In total, the Isle of Anglesey Coastal Path stretches more than 200 kilometres around the island, and 95 per cent of that falls within the AONB. ‘To a certain extent, everything that is a highlight of the AONB is also a highlight of the coastal path,’ Godber says. ‘It’s a way for the general public to get out and enjoy the AONB, to see geological sites such as South Stack and the north coast, which are essentially the landscape gems of the coastal path. Personally, I think one of the nicest things about the coastal path is the variety of the landscape – this sort of area has the seascape and the dramatic coastal landscape views, whereas along the southern end, you get a brilliant view of Snowdonia.’
So far, the initiative has proved very popular with visitors. ‘The coastal path has been very well publicised and is becoming a major draw,’ Milner confirms. ‘We have an annual footfall of around 350,000 people.’

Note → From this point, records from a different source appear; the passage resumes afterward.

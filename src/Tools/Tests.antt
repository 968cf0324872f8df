-- ===== src/Tools/Tests.antt =====
-- The registry of agent_core/adapters.py, with its GitHub adapter.
use keirin_ai_web.Prelude.{String, ◌≡◌, ◌↔◌, refl, true, false, [], ◌∷◌, Each, arith}
use keirin_ai_web.Outcome.{ok, err, value_error}
use keirin_ai_web.Credentials.{sorted_set, insert_sorted}
use keirin_ai_web.Tools.Registry.{
  Capability, ToolAdapter, ToolRegistry, new_registry, keys, by_action, within, common, join_names,
  enter, enter_all, entered, check_adapter, register, check_read, require_read_only,
}
use keirin_ai_web.Tools.Registered.{IsRegistry, register-IsRegistry}
use keirin_ai_web.Tools.Reading.{SameAt, register-keeps, IsReadOnly, require_read_only-exact}

abbrev read_main : Capability
read_main = record {
  action = "github.read_main";
  access = "read";
  required_permissions = "contents:read" ∷ [];
  supports_dry_run = true;
  description = "Read required files from an explicit repository ref.";
}

abbrev publish : Capability
publish = record {
  action = "note.publish";
  access = "write";
  required_permissions = [];
  supports_dry_run = false;
  description = "Publish a note.";
}

-- An action is told by a name.
abbrev github : ToolAdapter String
github = record {
  name = "github-readonly";
  capabilities = read_main ∷ [];
  actions = ("github.read_main", "reader") ∷ [];
}

abbrev notes : ToolAdapter String
notes = record {
  name = "notes";
  capabilities = publish ∷ [];
  actions = ("note.publish", "writer") ∷ [];
}

abbrev one : ToolRegistry String
one = entered "github-readonly" "github.read_main" "reader" read_main (new_registry String)

abbrev two : ToolRegistry String
two = entered "notes" "note.publish" "writer" publish one

register_first : register github (new_registry String) ≡ ok one
unfolding register check_adapter by_action keys within common join_names sorted_set enter_all enter
register_first = refl

register_second : register notes one ≡ ok two
unfolding register check_adapter by_action keys within common join_names sorted_set enter_all enter
register_second = refl

register_again :
    register github one ≡ err (value_error "duplicate_registered_action:github.read_main")
unfolding register check_adapter by_action keys within common join_names sorted_set insert_sorted
    enter_all enter
register_again = refl

require_read : require_read_only two ("github.read_main" ∷ []) ≡ ok tt
unfolding require_read_only check_read
require_read = refl

require_write :
    require_read_only two ("github.read_main" ∷ "note.publish" ∷ [])
    ≡ err (value_error "non_read_action_forbidden:note.publish")
unfolding require_read_only check_read
require_write = refl

empty-IsRegistry : IsRegistry (new_registry String)
empty-IsRegistry = record {
  named = (λ a c h. absurd (ground (arith, h)));
  same_names = (λ a. refl);
  same_adapters = (λ a. refl);
}

register-IsRegistry_example : IsRegistry one
register-IsRegistry_example =
    register-IsRegistry github (new_registry String) one empty-IsRegistry register_first

register-keeps_example : SameAt "github.read_main" one two
register-keeps_example = register-keeps notes one two "github.read_main" refl register_second

require_read_only-exact_example :
    (require_read_only two ("github.read_main" ∷ "note.publish" ∷ []) ≡ ok tt)
    ↔ Each (IsReadOnly two) ("github.read_main" ∷ "note.publish" ∷ [])
require_read_only-exact_example =
    require_read_only-exact two ("github.read_main" ∷ "note.publish" ∷ [])
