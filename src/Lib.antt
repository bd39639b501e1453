-- ===== src/Lib.antt =====
-- The library `acceptxmr` and the server around it accept payments in Monero without a wallet: a
-- scanner follows the daemon's chain and its transaction pool, finds the outputs that belong to the
-- subaddresses of open invoices, and updates the invoices in the store and their subscribers.
--
-- Files and what they model:
-- - Invoice (library/src/invoice.rs): `Invoice`, `InvoiceId`, `SubIndex`, `Transfer`. Order and Equality
--   hold `Ord` and `PartialEq`, Bytes and Keys the integer keys, Status the queries.
-- - Scanner/Update (library/src/scanner.rs): `Scanner::update_invoices`. The list of found transfers is
--   its argument `transfers`, the rows are what the store hands to the closure.
-- - Pubsub (library/src/pubsub.rs): `Publisher`, with each of its two loops as `send_loop`. The fuel of
--   a loop is one more than the number of subscribers, each of which a round takes away or steps over.
-- - Caching/BlockCache (library/src/caching/block_cache.rs): `BlockCache`, its blocks newest first. A
--   failure leaves the state behind that the code leaves; a panic is the error `panicked`.
-- - Caching/TxpoolCache (library/src/caching/txpool_cache.rs): `TxpoolCache`.
-- - Caching/SubaddressCache (library/src/caching/subaddress_cache.rs): `SubaddressCache`, with
--   `generate_range` in Start and `init` in Load. The loop of `extend_by` recurses on the rounds left, that
--   of `generate_range` on 2^32 less the first minor index, after which the minor index is saturated.
-- - Scanner (library/src/scanner.rs): Caches is `update_caches`, Burning `output_key_is_unique`, Scan the
--   scans of blocks and pool, Pass the whole of `scan`, and Pass/Start `Scanner::new`. The loops run over
--   the lists, that of `scan_blocks` over the indices from the highest down. `Run` is a scanner through
--   its passes.
-- - Storage/Traits and Storage/Lowest (library/src/storage/invoice_storage.rs, height_storage.rs, mod.rs):
--   the storage traits as the record `Storage`, and `lowest_height`.
-- - Storage/Manager (library/src/storage/mod.rs): `Manager::handle`, the methods of `Client`, and in Queue
--   the loop of the manager beside its clients as a relation between systems. Answers is about what the
--   clients of an in-memory store are answered.
-- - Storage/OutputKeys (library/src/storage/output_key_storage.rs): the trait `OutputKeyStorage`.
-- - Storage/InMemory (library/src/storage/stores/in_memory.rs): `InMemory`, an ordered list of entries.
--   Books is the store as no more than what it answers, Instance makes a `Storage` of it,
--   and Least and Walks are about the methods of the traits on it.
-- - Storage/Sled (library/src/storage/stores/sled.rs): `Sled` over its trees; Views compares its invoices
--   with a map, Prefixes is about the search for a subaddress index.
-- - Gateway (library/src/payment_gateway.rs): the operations of `PaymentGateway` on invoices, Control its
--   `run`, `status` and `stop` over the handle of the scanning thread, Scanning the loop of that thread,
--   Build the builder. `Served` is a gateway through its operations.
-- - DaemonClient (library/src/monerod_client): Header splits a challenge into its parts, Challenge reads it,
--   Digest is `AuthInfo`, which answers it (authentication.rs). Request is `RpcClient::request`, whose loop
--   recurses on the daemon's replies, and Rpc the requests of `Client` for `RpcClient`, the loop over chunks
--   of hashes with as many rounds as its range has (mod.rs).
-- - Server/InvoiceIds (server/src/server/api/types/invoice_id.rs): the text of an identifier.
-- - Server/Updates (server/src/lib.rs): the task that watches the updates of all invoices.
-- - Server/Callbacks (server/src/callbacks.rs): the queue of callbacks, its tasks in any order.
-- - Server/Responses (server/src/server/api/mod.rs): what the handlers answer, with their errors.
-- - Server/Api (server/src/server/api/mod.rs, internal.rs, external.rs): the handlers of both APIs, where
--   `post_invoice` is the handler `new_invoice` and `get_ids` the handler `invoice_ids`; WebSocket is the task
--   that forwards updates. Server/Auth (server/src/server/auth.rs): the guard by a bearer token.
-- - Server/Settings (server/src/config): the settings with their defaults.
-- - Server/Config (server/src/config, server/src/lib.rs): their reading, their overrides and checks,
--   `load_config`, and the builder that `build_gateway` makes; a panic is the lack of a result.
-- - External: what the code relies on of tokio's channels (Channel), of the crate indexmap (IndexMap) and
--   of the crate monero and the daemon (Monero). Each is a record, with an instance that meets it.
-- - Std: the standard library's maps and texts. Prelude: shared names and lemmas. Tests: concrete runs.
--
-- Numbers are natural numbers; where the source adds or subtracts 64-bit integers without a check, the
-- model wraps (`add64`, `sub64`), as a release build does. Asynchronous calls run to their end one after
-- the other.
--
-- What the crates for digests, hexadecimal, JSON, YAML, URIs and templates do is a parameter where it is
-- used, as are the standard library's unstable sort, the disk, the environment, the daemon's replies, the sockets and the trees of the crate sled.
--
-- Not modelled: the waiting of the scanning thread between passes; the connectors of the RPC client; the
-- SQLite store, whose work is that of its crate and of SQL; the requests of the callbacks; routes,
-- listeners, TLS, documentation, templates and logging of the server; the command line; the payment URI,
-- the floating-point amounts and the display of an invoice; the receiving end of a subscription; and the
-- decryption of outputs, which is the crate monero's.
pub mod Prelude
pub mod Std
pub mod External
pub mod Invoice
pub mod Storage
pub mod Pubsub
pub mod Caching
pub mod Scanner
pub mod Tests
pub mod DaemonClient
pub mod Gateway
pub mod Server
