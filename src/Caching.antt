-- ===== src/Caching.antt =====
-- library/src/caching: the caches that the scanner and the gateway keep.
pub mod BlockCache
pub mod TxpoolCache
pub mod SubaddressCache
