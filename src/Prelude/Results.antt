-- ===== src/Prelude/Results.antt =====
-- Rust's `Result`, with `?` as the bind.
use xmrgateway.Prelude.Lists.{All}
use mathlib.Core.Logic.{◌⊎◌, ◌≢◌, inl, inr}
use native.Mathlib.Omega.{arith}
use mathlib.Core.Path.{◌≡◌, refl, sym, subst}
use mathlib.Core.List.{List, [], ◌∷◌}

pub data Result {ℓ κ} (E : Type κ) (A : Type ℓ) : Type (ℓ ⊔ κ) where
  ok : A → Result E A
  err : E → Result E A

infixl 10 ◌>>=◌
abbrev pub ◌>>=◌ {ℓ κ ι} :
    {E : Type κ} {A : Type ℓ} {B : Type ι} → Result E A → (A → Result E B) → Result E B
ok a >>= f = f a
err e >>= f = err e

pub Result-cases {ℓ κ} :
    {E : Type κ} {A : Type ℓ} (r : Result E A) → ((e : E) × (r ≡ err e)) ⊎ ((a : A) × (r ≡ ok a))
Result-cases (ok a) = inr (a, refl)
Result-cases (err e) = inl (e, refl)

module _ {ℓ κ} {E : Type κ} {A : Type ℓ} where
  pub ok-injective : (a b : A) → ◌≡◌ {A = Result E A} (ok a) (ok b) → a ≡ b
  ok-injective a b p = ground arith

  pub err-ne-ok : (e : E) (a : A) → ◌≢◌ {A = Result E A} (err e) (ok a)
  err-ne-ok e a p = ground arith

  pub err-injective : (e f : E) → ◌≡◌ {A = Result E A} (err e) (err f) → e ≡ f
  err-injective e f p = ground arith

-- `map(f).collect::<Result<Vec<_>, _>>()`: the first error ends it.
unfoldable pub try_map {ℓ κ ι} :
    {E : Type κ} {A : Type ℓ} {B : Type ι} → (A → Result E B) → List A → Result E (List B)
try_map f [] = ok []
try_map f (x ∷ xs) = let rest = try_map f xs in f x >>= λ b. rest >>= λ bs. ok (b ∷ bs)

module _ {ℓ κ ι} {E : Type κ} {A : Type ℓ} {B : Type ι} where
  -- What a chain that succeeds has gone through.
  pub bind_inversion :
      (m : Result E A) (rest : A → Result E B) {b : B}
      → ok b ≡ (m >>= rest)
      → (a : A) × (m ≡ ok a) × (rest a ≡ ok b)
  bind_inversion (err e) rest h = absurd (err-ne-ok e _ (sym h))
  bind_inversion (ok a) rest h = (a, refl, sym h)

module _ {ℓ κ ι} {E : Type κ} {A : Type ℓ} {B : Type ι} (f : A → Result E B) where
  pub try_map-cons :
      (x : A) (xs : List A) {bs : List B}
      → try_map f (x ∷ xs) ≡ ok bs
      → (b : B) × (rest : List B) × (f x ≡ ok b) × (try_map f xs ≡ ok rest) × (b ∷ rest ≡ bs)
  unfolding try_map
  try_map-cons x xs h =
      let (b, first, h') = bind_inversion (f x) _ (sym h) in
      let (rest, others, h'') = bind_inversion (try_map f xs) _ (sym h') in
      (b, rest, first, others, ok-injective _ _ h'')

  -- What every result of the function has, every result of the list has.
  pub try_map-All {μ} :
      (P : B → Type μ)
      → ((x : A) (b : B) → f x ≡ ok b → P b)
      → (xs : List A) {bs : List B} → try_map f xs ≡ ok bs
      → All P bs
  unfolding try_map
  try_map-All P each [] h = subst (All P) (ok-injective _ _ h) tt
  try_map-All P each (x ∷ xs) h =
      let (b, rest, first, others, same) = try_map-cons x xs h in
      subst (All P) same (each x b first, try_map-All P each xs others)
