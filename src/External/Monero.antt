-- ===== src/External/Monero.antt =====
-- The crate monero: hashes, blocks and transactions, of which the gateway reads only what stands
-- here, and the answers of a daemon. `numbers` shows that the interface can be met.
use xmrgateway.Prelude.{ℕ, List, Eq, nat_eq, Result}

pub record Monero : Type 1 where
  pub Hash : Type 0
  pub hash_eq : Eq Hash
  -- `monero::Block`, and the `prev_id` of its header
  pub Block : Type 0
  pub prev_id : Block → Hash
  pub Transaction : Type 0
  pub tx_hash : Transaction → Hash

module _ (mo : Monero) where
  -- What a daemon answers to the requests of one pass of the scanner. Each request is made at most
  -- once in a pass, so an answer is a function of the request.
  pub record Daemon (E : Type 0) : Type 0 where
    pub daemon_height : Result E ℕ
    pub block : ℕ → Result E (mo.Hash × mo.Block)
    pub block_transactions : mo.Block → Result E (List mo.Transaction)
    pub txpool : Result E (List mo.Transaction)
    pub txpool_hashes : Result E (List mo.Hash)
    pub transactions_by_hashes : List mo.Hash → Result E (List mo.Transaction)

-- Hashes are numbers, a block is its number and its predecessor's, a transaction is its hash.
abbrev pub numbers : Monero
numbers = record {
  Hash = ℕ;
  hash_eq = nat_eq;
  Block = ℕ × ℕ;
  prev_id = λ b. b.1;
  Transaction = ℕ;
  tx_hash = λ t. t;
}
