-- ===== src/Caching/BlockCache.antt =====
-- library/src/caching/block_cache.rs: the cache of the newest blocks, which follows the daemon's
-- chain and repairs itself after a reorganisation.
mod Steps
pub mod Shape
pub mod Reorg
pub mod Idle
pub mod Bounds
use Prim.Native.Nat.{max}
use xmrgateway.Prelude.{
  ℕ, zero, suc, ◌+◌, ◌-◌, Bool, true, false, List, [], ◌∷◌, Eq, ltb, leb, add64, sub64, Result, ok,
  err, if◌then◌else◌,
}
use xmrgateway.External.Monero.{Monero, Daemon}

-- An RPC error, or an index out of bounds, at which the program panics.
pub data BlockCacheError (E : Type 0) : Type 0 where
  rpc : E → BlockCacheError E
  panicked : BlockCacheError E

-- `Vec::remove(len - 1)`
unfoldable pub remove_last {ℓ} : {A : Type ℓ} → List A → List A
remove_last [] = []
remove_last (x ∷ []) = []
remove_last (x ∷ y ∷ ys) = x ∷ remove_last (y ∷ ys)

module _ (mo : Monero) where
  pub record Block : Type 0 where
    pub hash : mo.Hash
    pub height : ℕ
    pub inner : mo.Block
    pub transactions : List mo.Transaction

  pub record BlockCache : Type 0 where
    pub height : ℕ
    pub daemon_height : ℕ
    pub blocks : List Block

  module _ {E : Type 0} (daemon : Daemon mo E) where
    -- The two requests that every block takes.
    unfoldable pub fetch : ℕ → Result (BlockCacheError E) Block
    fetch height = elim (daemon.block height) [
      | err e ↦ err (rpc e)
      | ok (block_id, block) ↦ elim (daemon.block_transactions block) [
        | err e ↦ err (rpc e)
        | ok transactions ↦ ok (record {
          hash = block_id;
          height = height;
          inner = block;
          transactions = transactions;
        })
      ]
    ]

    -- The loop of `init`, with `todo` rounds left and `i` done.
    unfoldable pub init_blocks : ℕ → ℕ → ℕ → Result (BlockCacheError E) (List Block)
    init_blocks zero i initial_height = ok []
    init_blocks (suc todo) i initial_height = elim (fetch (sub64 initial_height i)) [
      | err e ↦ err e
      | ok block ↦ elim (init_blocks todo (suc i) initial_height) [
        | err e ↦ err e
        | ok blocks ↦ ok (block ∷ blocks)
      ]
    ]

    unfoldable pub init : ℕ → ℕ → ℕ → Result (BlockCacheError E) BlockCache
    init cache_size initial_height daemon_height = elim (init_blocks cache_size 0 initial_height) [
      | err e ↦ err e
      | ok blocks ↦
          ok (record { height = initial_height; daemon_height = daemon_height; blocks = blocks })
    ]

    -- The loop of `check_and_fix_reorg` from index `i`, at which `block` stands. A request that fails
    -- ends it, and what was repaired stays so.
    unfoldable pub fix_from :
        ℕ → ℕ → ℕ → Block → List Block → Result (BlockCacheError E) ℕ × List Block
    fix_from cache_height i updated block [] = (ok updated, block ∷ [])
    fix_from cache_height i updated block (next ∷ rest) =
        elim (mo.hash_eq.beq (mo.prev_id block.inner) next.hash) [
          | true ↦
              let (result, blocks) = fix_from cache_height (suc i) updated next rest in
              (result, block ∷ blocks)
          | false ↦ elim (fetch (sub64 (sub64 cache_height 1) i)) [
            | err e ↦ (err e, block ∷ next ∷ rest)
            | ok repaired ↦
                let (result, blocks) =
                  fix_from cache_height (suc i) (max updated 1 + 1) repaired rest in
                (result, block ∷ blocks)
          ]
        ]

    unfoldable pub fix_blocks : ℕ → List Block → Result (BlockCacheError E) ℕ × List Block
    unfolding fix_from
    fix_blocks cache_height [] = (err panicked, [])
    fix_blocks cache_height (block ∷ rest) = fix_from cache_height 0 0 block rest

    unfoldable pub check_and_fix_reorg : BlockCache → Result (BlockCacheError E) ℕ × BlockCache
    unfolding fix_blocks
    check_and_fix_reorg cache =
        let (result, blocks) = fix_blocks cache.height cache.blocks in
        (result, record cache { blocks = blocks })

    -- The part of `update` that takes in one new block, if there is one.
    unfoldable pub advance : ℕ → BlockCache → Result (BlockCacheError E) ℕ × BlockCache
    advance blockchain_height cache =
        if ltb cache.height (blockchain_height - 1)
        then elim (fetch (add64 cache.height 1)) [
          | err e ↦ (err e, cache)
          | ok block ↦ (
            ok 1,
            record cache {
              height = add64 cache.height 1;
              blocks = remove_last (block ∷ cache.blocks);
            },
          )
        ]
        else (ok 0, cache)

    -- `update` once the daemon's height is known.
    unfoldable pub update_to : ℕ → BlockCache → Result (BlockCacheError E) ℕ × BlockCache
    update_to blockchain_height cache =
        let (advanced, next) =
          advance blockchain_height (record cache { daemon_height = blockchain_height }) in
        elim advanced [
          | err e ↦ (err e, next)
          | ok updated ↦
              let (fixed, last) = check_and_fix_reorg next in
              elim fixed [ err e ↦ (err e, last) | ok repaired ↦ (ok (max updated repaired), last) ]
        ]

    unfoldable pub update : BlockCache → Result (BlockCacheError E) ℕ × BlockCache
    update cache = elim daemon.daemon_height [
      | err e ↦ (err (rpc e), cache)
      | ok blockchain_height ↦ update_to blockchain_height cache
    ]

  unfoldable pub is_synchronized : BlockCache → Bool
  is_synchronized cache = leb (cache.daemon_height - 1) cache.height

But if these figures are encouraging, Godber believes that the path deserves even greater recognition. ‘We’re hoping to get to national trail status,’ he says. ‘We’ve had to apply to the Countryside Council for Wales – that’s under way at the moment – and obviously we have to hit certain targets in terms of accessibility, the standard of the path, the infrastructure and added links with the environment, interpretation and so on, but those are the targets we’ve been working towards over the past five to six years anyway, so we’re hopefully in pretty good shape.’
If the application is successful, the coastal path will become the fourth national trail in Wales. However, perhaps the most exciting tourism-related development is the island’s ongoing application for European geopark status. Established in 2000, there are now 32 such parks, including the Brecon Beacons. In order to qualify for geopark status, a site must demonstrate a special geological heritage and the potential to generate sustainable economic development through geotourism. Anglesey seems to be a prime candidate.
Rock star
‘We have the oldest fossils in Wales,’ says Dr Margaret Wood, director of GeoMôn, the organisation supporting Anglesey’s bid for geopark status. ‘And we have probably the best teaching area for geology in the whole of Britain – more schools and universities use it as a teaching area than anywhere else in UK.’ In fact, a recent survey carried out on the site of the proposed geopark by the Gwynedd and Môn RIGS Group for the Welsh Assembly Government identified about 150 sites where either the general public or schools and colleges could benefit from using the landscape to learn about geology.
This isn’t surprising, considering the fact that Anglesey contains rocks spanning nine geological periods over 600 million years. According to Wood, ‘Anglesey is the place to teach plate tectonics, because you have all sorts of examples of the different plate edges. And there are fantastic Pre-Cambrian rocks with folding and faulting at South Stack.
‘It’s a very popular area to study. Llanddwyn Island and the adjacent forest on the west coast,’ she continues, ‘is famous for its pillow lavas, because they’re still perfectly formed. Formed from a basalt-like rock called spillite, they were extruded at a plate margin and they’re very beautiful to look at – they really are just like pillows, one on top of the other – and the ones in Anglesey are between 560 and 600 million years old, but they look just as if they were extruded yesterday.’
Given that the mineral wealth of the island has been exploited through mining and quarrying for centuries, it seems fitting that, should the area gain geopark status, it will allow the landscape to provide economic benefits to the islanders for years to come, without disturbing the scenery that makes it unique.